> WHAT YOU ARE ASKED TO DO: For each line in the data that includes "kind", make a copy.
=====
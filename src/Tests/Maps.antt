-- ===== src/Tests/Maps.antt =====
-- The theorems on the map of holders at a run that asks for two keys.
use encryptedfs.Prelude.{ℕ, List, [], ◌∷◌, arith}
use encryptedfs.ArcHashMap.Client.{Op, asks, asks_or_inserts, drops, run, start}
use encryptedfs.ArcHashMap.Live.{IsLive, run-IsLive}

-- Two holders of one entry and one of another; then one of the first entry goes.
abbrev some_calls : List (Op ℕ)
some_calls =
    asks_or_inserts 1 20 ∷ asks_or_inserts 1 30 ∷ asks_or_inserts 2 40 ∷ asks 3 ∷ drops 1 ∷ []

run-IsLive_example : IsLive (run some_calls start)
run-IsLive_example = run-IsLive some_calls (omega arith)

abbrev all_gone : List (Op ℕ)
all_gone = asks_or_inserts 1 20 ∷ asks_or_inserts 2 40 ∷ drops 1 ∷ drops 0 ∷ []
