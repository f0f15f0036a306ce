-- ===== src/Tests/Namespace.antt =====
-- The theorems on the namespace at a small file system: the root with a file and a directory.
-- A name's hash begins with a 9 here, and its encryption with the count of encryptions.
use encryptedfs.Prelude.{
  ℕ, ◌<◌, ◌≡◌, refl, ◌⊎◌, Bool, true, false, ◌||◌, none, some, List, [], ◌∷◌, arith, if◌then◌else◌,
  drop, ok, err,
}
use encryptedfs.Prelude.Dict
use encryptedfs.Prelude.Dict.{Dict, same, same_refl, same→eq}
use encryptedfs.EncryptedFs.{not_empty}
use encryptedfs.EncryptedFs.{not_empty}
use encryptedfs.EncryptedFs.Attr.{
  from_create, merge_attr, FileType, CreateFileAttr, directory, regular_file,
}
use encryptedfs.EncryptedFs.Inodes.{
  get_inode_from_storage, put_cache, get_inode_from_cache_or_storage, merge_reads, merge_open_reads,
  merge_open_write, get_attr, write_inode_to_storage, set_attr2, set_attr,
}
use encryptedfs.EncryptedFs.Names.{this_dir, parent_dir, Names, IsNames}
use encryptedfs.EncryptedFs.Tree.{dir_of, exists, HashEntry, Dir, Fs}
use encryptedfs.EncryptedFs.Handles.{open_handle}
use encryptedfs.EncryptedFs.Entries.{exists_by_name, encrypt_name, insert_directory_entry}
use encryptedfs.EncryptedFs.Nodes.{
  generate_next_inode, create_contents_file, create_contents_dir, create_dir, create_contents,
  create_handle, create_node, create, remove_file, remove_dir,
}
use encryptedfs.EncryptedFs.Nodes.Remove.{IsRemoved}
use encryptedfs.EncryptedFs.Nodes.Removal.{own_entries, remove_file_lem, remove_dir_lem, SameDisk}
use encryptedfs.EncryptedFs.Rename.{rename}
use encryptedfs.EncryptedFs.Rename.Steps.{Replaceable}
use encryptedfs.EncryptedFs.Valid.{IsFs}
use encryptedfs.EncryptedFs.Root.{create_root, ensure_root_exists}
use encryptedfs.EncryptedFs.Root.Valid.{no_files, no_files-IsFs, ensure_root_exists_lem}
use encryptedfs.EncryptedFs.Nodes.Next.{IsFree, generate_next_inode_lem}
use encryptedfs.EncryptedFs.Nodes.Contents.{no_entries}
use encryptedfs.EncryptedFs.Nodes.Create.{create_lem, IsCreated}
use encryptedfs.EncryptedFs.Rename.Move.{IsMoved}
use encryptedfs.EncryptedFs.Rename.Target.{Full}
use encryptedfs.EncryptedFs.Rename.Whole.{rename_lem}
use encryptedfs.EncryptedFs.Handles.Writers.{IsHandles}
use encryptedfs.EncryptedFs.Handles.Open.{open_handle-IsHandles}

abbrev pub is_own : List ℕ → Bool
is_own name = same name this_dir || same name parent_dir

abbrev pub names : Names
names = record {
  hash = λ name. if is_own name then name else 9 ∷ name;
  encrypt = λ i name. ok (if is_own name then name else i ∷ name);
  decrypt = λ name. ok (drop 1 name);
}

names-IsNames : IsNames names
names-IsNames = record {
  hash_this = refl;
  hash_parent = refl;
  encrypt_this = λ i. refl;
  encrypt_parent = λ i. refl;
}

abbrev pub create_attr : FileType → CreateFileAttr
create_attr kind = record { kind = kind; perm = 420; uid = 1; gid = 1; rdev = 0; flags = 0 }

abbrev pub root_only : Fs
root_only = (ensure_root_exists names 10 1 1 no_files).1

ensure_root_exists_lem_example :
    let (r, s) = ensure_root_exists names 10 1 1 no_files in
    (r ≡ ok tt) × IsFs s × (exists 1 s ≡ true)
ensure_root_exists_lem_example =
    ensure_root_exists_lem names 10 1 1 no_files names-IsNames no_files-IsFs

generate_next_inode_lem_example :
    (ino : ℕ) × (generate_next_inode (0 ∷ 1 ∷ 7 ∷ 8 ∷ []) root_only ≡ some ino)
    × IsFree ino root_only
unfolding ensure_root_exists create_root write_inode_to_storage put_cache create_contents_dir
    insert_directory_entry encrypt_name
generate_next_inode_lem_example =
    generate_next_inode_lem (0 ∷ 1 ∷ []) (8 ∷ []) 7 root_only (omega arith, refl)

-- The state after one `create` in the root.
abbrev pub with_new : ℕ → List ℕ → FileType → Fs → Fs
with_new ino name kind s = (create names 20 (ino ∷ []) 1 name (create_attr kind) false false s).1

abbrev pub folders : ℕ → Fs → Dir
folders ino s = elim (dir_of ino s) [ none ↦ no_entries | some d ↦ d ]

abbrev pub one_file : Fs
one_file = with_new 2 (97 ∷ []) regular_file root_only

create_lem_example :
    let (r, s) =
      create names 20 (2 ∷ []) 1 (97 ∷ []) (create_attr regular_file) false false root_only in
    (r ≡ ok (0, record (from_create 20 (create_attr regular_file)) { ino = 2 }))
    × IsCreated names 1
        (folders 1 root_only)
        (97 ∷ [])
        (1 ∷ 97 ∷ [])
        (record (from_create 20 (create_attr regular_file)) { ino = 2 })
        root_only
        s
unfolding ensure_root_exists create_root write_inode_to_storage put_cache create_contents_dir
    insert_directory_entry encrypt_name create create_node generate_next_inode exists_by_name
    create_contents create_contents_file create_dir set_attr set_attr2 get_attr
    get_inode_from_cache_or_storage get_inode_from_storage merge_open_write merge_open_reads
    merge_reads merge_attr create_handle
create_lem_example =
    create_lem names names-IsNames 20 1 (97 ∷ []) (1 ∷ 97 ∷ []) (folders 1 root_only)
      (create_attr regular_file) 2 root_only
      (ensure_root_exists_lem names 10 1 1 no_files names-IsNames no_files-IsFs).1 refl
      (omega arith, refl) (refl, refl) refl refl refl refl (2 ∷ []) false false refl refl refl

pub one_file-IsFs : IsFs one_file
one_file-IsFs = create_lem_example.1.valid

abbrev two_nodes : Fs
two_nodes = with_new 3 (98 ∷ []) directory one_file

abbrev pub file_entry : HashEntry
file_entry = record { ino = 2; kind = regular_file; name = 1 ∷ 97 ∷ [] }

abbrev dir_entry : HashEntry
dir_entry = record { ino = 3; kind = directory; name = 4 ∷ 98 ∷ [] }

two_nodes-IsFs : IsFs two_nodes
unfolding ensure_root_exists create_root write_inode_to_storage put_cache create_contents_dir
    insert_directory_entry encrypt_name create create_node generate_next_inode exists_by_name
    create_contents create_contents_file create_dir set_attr set_attr2 get_attr
    get_inode_from_cache_or_storage get_inode_from_storage merge_open_write merge_open_reads
    merge_reads merge_attr create_handle
two_nodes-IsFs =
    (create_lem names names-IsNames 20 1 (98 ∷ []) (4 ∷ 98 ∷ []) (folders 1 one_file)
      (create_attr directory) 3 one_file one_file-IsFs refl (omega arith, refl) (refl, refl) refl
      refl refl refl (3 ∷ []) false false refl refl refl).1.valid

remove_file_lem_example :
    let (r, s) = remove_file names 30 1 (97 ∷ []) two_nodes in
    (r ≡ ok tt) × IsRemoved names 1 (folders 1 two_nodes) (97 ∷ []) file_entry two_nodes s
unfolding ensure_root_exists create_root write_inode_to_storage put_cache create_contents_dir
    insert_directory_entry encrypt_name create create_node generate_next_inode exists_by_name
    create_contents create_contents_file create_dir set_attr set_attr2 get_attr
    get_inode_from_cache_or_storage get_inode_from_storage merge_open_write merge_open_reads
    merge_reads merge_attr create_handle
remove_file_lem_example =
    remove_file_lem names 30 1 (97 ∷ []) (folders 1 two_nodes) file_entry two_nodes two_nodes-IsFs
      refl refl (refl, refl) refl

remove_dir_lem_example :
    let (r, s) = remove_dir names 30 1 (98 ∷ []) two_nodes in
    ((2 ≡ own_entries 3)
      × (r ≡ ok tt)
      × IsRemoved names 1 (folders 1 two_nodes) (98 ∷ []) dir_entry two_nodes s)
    ⊎ ((own_entries 3 < 2) × (r ≡ err not_empty) × SameDisk two_nodes s)
unfolding ensure_root_exists create_root write_inode_to_storage put_cache create_contents_dir
    insert_directory_entry encrypt_name create create_node generate_next_inode exists_by_name
    create_contents create_contents_file create_dir set_attr set_attr2 get_attr
    get_inode_from_cache_or_storage get_inode_from_storage merge_open_write merge_open_reads
    merge_reads merge_attr create_handle
remove_dir_lem_example =
    remove_dir_lem names 30 1 (98 ∷ []) (folders 1 two_nodes) dir_entry two_nodes two_nodes-IsFs
      refl refl (folders 3 two_nodes) (refl, refl) refl refl refl (omega arith) (omega arith)

rename_lem_example :
    let (r, s) = rename names 30 1 (97 ∷ []) 3 (99 ∷ []) two_nodes in
    let target = Dict.lookup (9 ∷ 99 ∷ []) (folders 3 two_nodes).hash in
    (Replaceable two_nodes.contents target
      × (r ≡ ok tt)
      × IsMoved 1 (9 ∷ 97 ∷ []) 3 (9 ∷ 99 ∷ []) (5 ∷ 99 ∷ []) file_entry two_nodes s)
    ⊎ (Full two_nodes.contents target × (r ≡ err not_empty) × SameDisk two_nodes s)
unfolding ensure_root_exists create_root write_inode_to_storage put_cache create_contents_dir
    insert_directory_entry encrypt_name create create_node generate_next_inode exists_by_name
    create_contents create_contents_file create_dir set_attr set_attr2 get_attr
    get_inode_from_cache_or_storage get_inode_from_storage merge_open_write merge_open_reads
    merge_reads merge_attr create_handle
rename_lem_example =
    rename_lem names names-IsNames 30 1 3 (97 ∷ []) (99 ∷ []) (5 ∷ 99 ∷ []) (folders 1 two_nodes)
      (folders 3 two_nodes) file_entry two_nodes two_nodes-IsFs refl refl refl (refl, refl)
      (refl, refl) refl (λ t e found there. absurd (ground (arith, found))) refl refl refl

two_nodes-IsHandles : IsHandles two_nodes
unfolding ensure_root_exists create_root write_inode_to_storage put_cache create_contents_dir
    insert_directory_entry encrypt_name create create_node generate_next_inode exists_by_name
    create_contents create_contents_file create_dir set_attr set_attr2 get_attr
    get_inode_from_cache_or_storage get_inode_from_storage merge_open_write merge_open_reads
    merge_reads merge_attr create_handle
two_nodes-IsHandles = record {
  writers = λ fh ctx e. absurd (ground (arith, e));
  drawn = λ fh ctx e. absurd (ground (arith, e));
}

open_handle-IsHandles_example : IsHandles (open_handle 2 true true two_nodes).1
unfolding ensure_root_exists create_root write_inode_to_storage put_cache create_contents_dir
    insert_directory_entry encrypt_name create create_node generate_next_inode exists_by_name
    create_contents create_contents_file create_dir set_attr set_attr2 get_attr
    get_inode_from_cache_or_storage get_inode_from_storage merge_open_write merge_open_reads
    merge_reads merge_attr create_handle
open_handle-IsHandles_example =
    open_handle-IsHandles 2 two_nodes two_nodes-IsHandles (omega arith) true true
=====
> SOLUTION TO THIS TASK:
create_attr kind = record { kind = kind; perm = 420; uid = 1; gid = 1; rdev = 0; flags = 0 }
with_new ino name kind s = (create names 20 (ino ∷ []) 1 name (create_attr kind) false false s).1
file_entry = record { ino = 2; kind = regular_file; name = 1 ∷ 97 ∷ [] }
dir_entry = record { ino = 3; kind = directory; name = 4 ∷ 98 ∷ [] }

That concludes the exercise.